The read(io, T) function reads sizeof(T) bytes from the stream in “the canonical binary representation” of type T, which is the same as fromfile but for a single value of type T rather than an array. (For integers the “canonical binary representation” is the platform dependent binary format of the type in memory. For UInt16 just a pair of bytes, little endian on the typical PC but can be big endian for embedded devices.)
Julia’s standard read doesn’t have a “read all” option equivalent of numpy’s count=-1. If you’re after pure convenience, you can read the whole file as bytes, reinterpret those (pairwise) as UInt16 and swap the endianness all in one line:
y = bswap.(reinterpret(UInt16, read(filename)))

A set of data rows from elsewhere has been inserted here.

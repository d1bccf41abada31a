-- ===== src/Bytes/Reader.antt =====
-- packages/bytes/src/index.ts, the class Reader: a sequential little-endian reader.
use distro.Common.{
  ℕ, suc, ◌+◌, ◌≤◌, ◌≡◌, ◌≢◌, refl, List, [], ◌∷◌, ◌++◌, Option, none, some, Result, ok, throw,
  ◌>>=◌, ltb, ◌==◌, if◌then◌else◌, take, drop, length, arith, le→ltb, All, Bool-cases, inl, inr,
  length-append, take-append_exact, drop-append_exact,
}
use distro.Bytes.Ints.{IntType, RangeError, past_end, unterminated, bad_utf8}

pub record Reader : Type 0 where
  pub array : List ℕ
  pub offset : ℕ

abbrev pub Outcome : Type 0 → Type 0
Outcome A = Result RangeError (A × Reader)

-- `#take` returns the old offset. A length is a natural number here, so never negative.
unfoldable pub advance : ℕ → Reader → Outcome ℕ
advance n r =
    if ltb (length r.array) (r.offset + n)
    then throw past_end
    else ok (r.offset, record r { offset = r.offset + n })

-- `u8` to `u64`: the type's `get` at the offset that `#take` returned.
unfoldable pub int : IntType → Reader → Outcome ℕ
unfolding advance
int t r = do at ← advance t.size r; value ← t.get r.array at.0; ok (value, at.1)

unfoldable pub skip : ℕ → Reader → Outcome (Unit {0})
unfolding advance
skip n r = do at ← advance n r; ok (tt, at.1)

unfoldable pub bytes : ℕ → Reader → Outcome (List ℕ)
unfolding advance
bytes n r = do at ← advance n r; ok (take n (drop at.0 r.array), at.1)

-- `array.indexOf(0, offset)`, from the offset: how many bytes stand before the first NUL.
unfoldable pub before_nul : List ℕ → Option ℕ
before_nul [] = none
before_nul (b ∷ bs) =
    if b == 0 then some 0 else elim (before_nul bs) [ none ↦ none | some n ↦ some (suc n) ]

-- The platform's UTF-8 decoder is the parameter `utf8`, `none` where it throws.
module _ {Text : Type 0} (utf8 : List ℕ → Option Text) where
  unfoldable pub cstring : Reader → Outcome Text
  unfolding before_nul bytes skip
  cstring r = elim (before_nul (drop r.offset r.array)) [
    | none ↦ throw unterminated
    | some n ↦ (do
      found ← bytes n r
      terminator ← skip 1 found.1
      elim (utf8 found.0) [ none ↦ throw bad_utf8 | some text ↦ ok (text, terminator.1) ])
  ]

-- A read either throws, or moves a reader that stood in its array by `n` bytes, inside it.
abbrev pub Moved : {A : Type 0} → ℕ → Reader → Outcome A → Type 0
Moved n r (throw e) = Unit {0}
Moved n r (ok (_, r')) =
    (r'.array ≡ r.array) × (r'.offset ≡ r.offset + n) × (r'.offset ≤ length r.array)

advance-Moved : (n : ℕ) (r : Reader) → Moved n r (advance n r)
unfolding advance
advance-Moved n r = elim (Bool-cases (ltb (length r.array) (r.offset + n))) [
  | inl e ↦ rw e tt
  | inr e ↦ rw e (refl, refl, ground arith)
]

before_nul-append :
    (front back : List ℕ)
    → All (λ b. b ≢ 0) front
    → before_nul (front ++ 0 ∷ back) ≡ some (length front)
unfolding before_nul
before_nul-append [] back h = refl
before_nul-append (b ∷ front) back (p, h) = rw (before_nul-append front back h) (ground arith)

-- `cstring` reads a text whose bytes hold no NUL, consuming the terminator, wherever it stands.
pub cstring_lem :
    {Text : Type 0} (utf8 : List ℕ → Option Text) (text : Text) (before front back : List ℕ)
    → All (λ b. b ≢ 0) front
    → utf8 front ≡ some text
    → cstring utf8 (record { array = before ++ (front ++ 0 ∷ back); offset = length before })
      ≡ ok (
        text,
        record { array = before ++ (front ++ 0 ∷ back); offset = length before + length front + 1 },
      )
unfolding cstring skip bytes advance
cstring_lem utf8 text before front back h e =
    let whole : List ℕ = before ++ (front ++ 0 ∷ back) in
    let unread : drop (length before) whole ≡ front ++ 0 ∷ back =
      drop-append_exact (length before) before _ refl in
    let size : length whole ≡ length before + (length front + suc (length back)) =
      omega (arith, length-append before (front ++ 0 ∷ back), length-append front (0 ∷ back)) in
    rw
      (
        unread,
        before_nul-append front back h,
        le→ltb (length whole) (length before + length front) (omega arith),
        unread,
        take-append_exact (length front) front (0 ∷ back) refl,
        le→ltb (length whole) (length before + length front + 1) (omega arith),
        e,
        cstring,
      )
      refl
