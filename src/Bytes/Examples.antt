-- ===== src/Bytes/Examples.antt =====
-- packages/bytes/src/index.ts: the buffer and the integers at concrete inputs.
use distro.Common.{
  ℕ, ◌≡◌, refl, inl, List, [], ◌∷◌, Option, none, some, ok, length, arith, replicate,
}
use distro.Bytes.Ints.{u8, u32_le, is_u8, is_u32_le, get-set, range}
use distro.Bytes.Buffer.{Bytes, grow, append, contents, IsValid, append_lem, grow_stuck}
use distro.Bytes.Reader.{cstring, cstring_lem}

-- Three bytes of four are used, so that two more double the array.
abbrev half_full : Bytes
half_full = record { array = 1 ∷ 2 ∷ 3 ∷ 0 ∷ []; used = 3 }

half_full-IsValid : IsValid half_full
half_full-IsValid = record { fits = omega arith; positive = omega arith }

append_lem_example :
    (b' : Bytes) × (append half_full (4 ∷ 5 ∷ []) ≡ some b')
    × (contents b' ≡ 1 ∷ 2 ∷ 3 ∷ 4 ∷ 5 ∷ [])
    × (b'.used ≡ 5)
    × IsValid b'
append_lem_example = append_lem half_full (4 ∷ 5 ∷ []) half_full-IsValid

grow_stuck_example : grow 100 0 1 ≡ none
grow_stuck_example = grow_stuck 100 1 (omega arith)

-- A word written behind a byte.
get-set_example :
    (dv' : List ℕ) × (u32_le.set (7 ∷ replicate 4 0) 1 513 ≡ ok dv')
    × (length dv' ≡ 5)
    × (u32_le.get dv' 1 ≡ ok 513)
    × (u8.get dv' 0 ≡ u8.get (7 ∷ replicate 4 0) 0)
get-set_example =
    get-set u32_le u8 (7 ∷ replicate 4 0) 1 513 0 is_u32_le is_u8 (omega arith)
      (unfold range in omega arith) (inl (omega arith))

-- The text is its bytes.
abbrev utf8 : List ℕ → Option (List ℕ)
utf8 bytes = some bytes

abbrev greeting : List ℕ
greeting = 9 ∷ 104 ∷ 105 ∷ 0 ∷ 9 ∷ []

cstring_lem_example :
    cstring utf8 (record { array = greeting; offset = 1 })
    ≡ ok (104 ∷ 105 ∷ [], record { array = greeting; offset = 4 })
cstring_lem_example =
    cstring_lem utf8 (104 ∷ 105 ∷ []) (9 ∷ []) (104 ∷ 105 ∷ []) (9 ∷ [])
      (omega arith, (omega arith, tt)) refl
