-- ===== src/Guest.antt =====
-- packages/linux-guest/src: the host's side of the guest agent, its session and what it decodes.
pub mod Session
pub mod Dirents
pub mod Status
mod Examples
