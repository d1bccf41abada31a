-- ===== src/Guest/Dirents.antt =====
-- packages/linux-guest/src/abi.ts, `parse_dirents`. The platform's text decoder is a parameter, `none`
-- where it throws; a text is its characters' codes.
pub mod Records
use distro.Common.{
  ℕ, zero, suc, ◌+◌, ◌-◌, Bool, true, false, ◌&&◌, ◌||◌, List, [], ◌∷◌, Option, none, some, Result,
  ok, throw, ltb, ◌==◌, if◌then◌else◌, length, take, drop,
}
use distro.Bytes.Ints.{uint8, uint16_le, uint64_le, decode}

-- The header of a record; `d_off` as its bit pattern.
pub record Dirent : Type 0 where
  pub d_ino : ℕ
  pub d_off : ℕ
  pub d_reclen : ℕ
  pub d_type : ℕ

abbrev pub dirent_name_offset : ℕ
dirent_name_offset = 19

unfoldable pub read_dirent : List ℕ → Dirent
read_dirent bytes = record {
  d_ino = decode uint64_le (take 8 bytes);
  d_off = decode uint64_le (take 8 (drop 8 bytes));
  d_reclen = decode uint16_le (take 2 (drop 16 bytes));
  d_type = decode uint8 (take 1 (drop 18 bytes));
}

pub data DirentError : Type 0 where
  malformed_record undecodable_name : DirentError

pub record DirectoryEntry : Type 0 where
  pub name : List ℕ
  pub dtype : ℕ

-- The bytes before the first NUL, or all.
unfoldable pub until_nul : List ℕ → List ℕ
until_nul [] = []
until_nul (b ∷ bytes) = let rest = until_nul bytes in if b == 0 then [] else b ∷ rest

-- "." and "..".
unfoldable pub is_dots : List ℕ → Bool
is_dots [] = false
is_dots (a ∷ []) = a == 46
is_dots (a ∷ b ∷ []) = (a == 46) && (b == 46)
is_dots (a ∷ b ∷ c ∷ name) = false

unfoldable pub add_entry :
    List ℕ → ℕ → Result DirentError (List DirectoryEntry) → Result DirentError (List DirectoryEntry)
add_entry name dtype (throw e) = throw e
add_entry name dtype (ok entries) =
    ok (if is_dots name then entries else record { name = name; dtype = dtype } ∷ entries)

unfoldable pub add_decoded :
    Option (List ℕ)
    → ℕ
    → Result DirentError (List DirectoryEntry)
    → Result DirentError (List DirectoryEntry)
add_decoded none dtype rest = throw undecodable_name
add_decoded (some name) dtype rest = add_entry name dtype rest

module _ (decode_text : List ℕ → Option (List ℕ)) where
  -- The loop on what is left of the buffer. A record takes 19 bytes at least, so that a round for
  -- each byte is enough.
  unfoldable pub parse_dirents_loop : ℕ → List ℕ → Result DirentError (List DirectoryEntry)
  parse_dirents_loop zero buf = ok []
  parse_dirents_loop (suc fuel) buf =
      let header = read_dirent buf in
      let rest = parse_dirents_loop fuel (drop header.d_reclen buf) in
      let name_bytes = until_nul (drop dirent_name_offset (take header.d_reclen buf)) in
      if ltb (length buf) dirent_name_offset
      then ok []
      else if ltb header.d_reclen dirent_name_offset || ltb (length buf) header.d_reclen
      then throw malformed_record
      else add_decoded (decode_text name_bytes) header.d_type rest

  unfoldable pub parse_dirents : List ℕ → Result DirentError (List DirectoryEntry)
  parse_dirents buf = parse_dirents_loop (length buf) buf
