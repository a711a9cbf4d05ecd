-- ===== src/Core.antt =====
-- The core service (core/): its lifecycle and the health watchdog.
pub mod Service
pub mod Watchdog
pub mod Logging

The solution using read! is more efficient when you know the size of the data but don’t know whether to do an endian swap (for type stability of the returned array at least). To combine the solutions above into a function:
function read_pcm(file_name, T; swap_endian=false)
y = Vector{T}(undef, filesize(file_name) ÷ sizeof(T))
read!(file_name, y)
if swap_endian
y .= bswap.(y) # In place broadcast of bswap over `y` is probably the neatest way to write this.
end
return y
end
Though I’m not sure whether the T makes sense here, or whether all PCM files are UInt16 in practice?
Anyway, usage would be:
read_pcm("myfile.pcm", UInt16)
read_pcm("myfile.pcm", UInt8; swap_endian=true) # 8 bit audio ?!

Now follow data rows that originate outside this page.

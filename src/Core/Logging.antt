-- ===== src/Core/Logging.antt =====
-- core/logging.go: the level of the log, the handler that writes records to stderr and to the callback, and
-- the level that a configuration sets. A log is the state of the package and what was written so far.
pub mod Laws
use cff_core.Base.{
  ℤ, pos, negsuc, leb_int, String, Bool, List, [], ◌∷◌, ◌++◌, Option, some, none, ◌==◌,
  if◌then◌else◌,
}
use cff_core.Base.Text.{◌+++◌}

-- `LogEntry`
pub record LogEntry : Type 0 where
  pub level : ℤ
  pub message : String
  pub timestamp : ℤ

-- The variables of the package, with the lines on stderr and the events that the callback got. Of the callback, it
-- counts whether there is one.
pub record Log : Type 0 where
  pub level : ℤ
  pub listens : Bool
  pub lines : List String
  pub events : List LogEntry

-- `slog.Record` with a key and the formatted value for each attribute.
pub record Record : Type 0 where
  pub level : ℤ
  pub message : String
  pub time : ℤ
  pub attrs : List (String × String)

-- `coreLogHandler`
pub record LogHandler : Type 0 where
  pub extra : String

-- `SetOnLogEvent`
unfoldable pub set_on_log_event : Bool → Log → Log
set_on_log_event listens log = record log { listens = listens }

-- `SetLogLevel`
unfoldable pub set_log_level : ℤ → Log → Log
set_log_level level log = record log { level = level }

-- `slogToCoreLevel`: from `slog.LevelError`, which is 8, down to `slog.LevelDebug`, which is -4.
unfoldable pub slog_to_core_level : ℤ → ℤ
slog_to_core_level level =
    if leb_int (pos 8) level
    then pos 2
    else if leb_int (pos 4) level
    then pos 3
    else if leb_int (pos 0) level
    then pos 4
    else if leb_int (negsuc 3) level
    then pos 5
    else pos 6

-- `Enabled`
unfoldable pub is_enabled : ℤ → Log → Bool
unfolding slog_to_core_level
is_enabled level log = leb_int (slog_to_core_level level) log.level

-- `fmt.Fprintf(&b, " %s=%v", a.Key, a.Value)` for each attribute
unfoldable pub attr_text : List (String × String) → String
attr_text [] = ""
attr_text ((key, value) ∷ attrs) = " " +++ key +++ "=" +++ value +++ attr_text attrs

-- `WithAttrs`
unfoldable pub with_attrs : List (String × String) → LogHandler → LogHandler
unfolding attr_text
with_attrs attrs h = record { extra = h.extra +++ attr_text attrs }

-- `Handle`
unfoldable pub handle : LogHandler → Record → Log → Log
unfolding attr_text slog_to_core_level
handle h r log =
    let line = r.message +++ h.extra +++ attr_text r.attrs in
    let entry : LogEntry = record {
      level = slog_to_core_level r.level;
      message = line;
      timestamp = r.time;
    } in
    record log {
      lines = log.lines ++ (line ∷ []);
      events = if log.listens then log.events ++ (entry ∷ []) else log.events;
    }

-- A record that the program logs: `slog.Info` and the others ask `Enabled` first.
unfoldable pub write : Record → Log → Log
unfolding is_enabled handle
write r log = if is_enabled r.level log then handle (record { extra = "" }) r log else log

-- `parseLogLevel`
unfoldable pub parse_log_level : String → Option ℤ
parse_log_level s =
    if s == "trace"
    then some (pos 6)
    else if s == "debug"
    then some (pos 5)
    else if s == "info"
    then some (pos 4)
    else if s == "warn"
    then some (pos 3)
    else if s == "error"
    then some (pos 2)
    else none

-- The outcome of reading `log.level` of a configuration: the text of the error, or the level as it stands there.
pub data LevelRead : Type 0 where
  unreadable : String → LevelRead
  configured : String → LevelRead

-- `fmt` of numbers and the time of the record are arguments.
module _ (show : ℤ → String) (now : ℤ) where
  unfoldable pub sync_level : String → Option ℤ → Log → Log
  unfolding write set_log_level
  sync_level name none log = log
  sync_level name (some new_level) log =
      let attrs =
        ("configLevel", name) ∷ ("oldLevel", show log.level) ∷ ("newLevel", show new_level) ∷ [] in
      set_log_level new_level (
        write
          (record {
            level = pos 0;
            message = "[syncLogLevel] syncing log level";
            time = now;
            attrs = attrs;
          })
          log)

  -- `syncLogLevelFromConfig`
  unfoldable pub sync_log_level_from_config : LevelRead → Log → Log
  unfolding sync_level write parse_log_level
  sync_log_level_from_config (unreadable error) log =
      write
        (record {
          level = negsuc 3;
          message = "[syncLogLevel] parse config failed";
          time = now;
          attrs = ("error", error) ∷ [];
        })
        log
  sync_log_level_from_config (configured name) log = sync_level name (parse_log_level name) log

I’ll stick to the initial solution with the read! function and the “for loop” for the byte swap. The more I read up, the more my preferences adapt I recently came across some Julia training that talked about for loops being more efficient than vector operations (as opposed to MATLAB). If that is true, then in the interest of speed and efficiency, the initial for loop approach by Stefan is probably the better way (which you already mentioned is more efficient).
Btw, the endian swap is a corner case. Most audio is in little endian format and we don’t need to do the swap. And audio is always signed integers - just adding the comment for completeness, all the above solutions are valid replacing UInt16 with Int16. The focus for me was the packing of multiple bytes and copying to one memory location.
Yes, it’s the type which is the real reason for the comment about efficiency, not the “vectorized” broadcast notation. The compiler generates less efficient code when you have a structure like
x = Type1()
if some_runtime_condition()
x = Type2()
end
# ... do something with `x`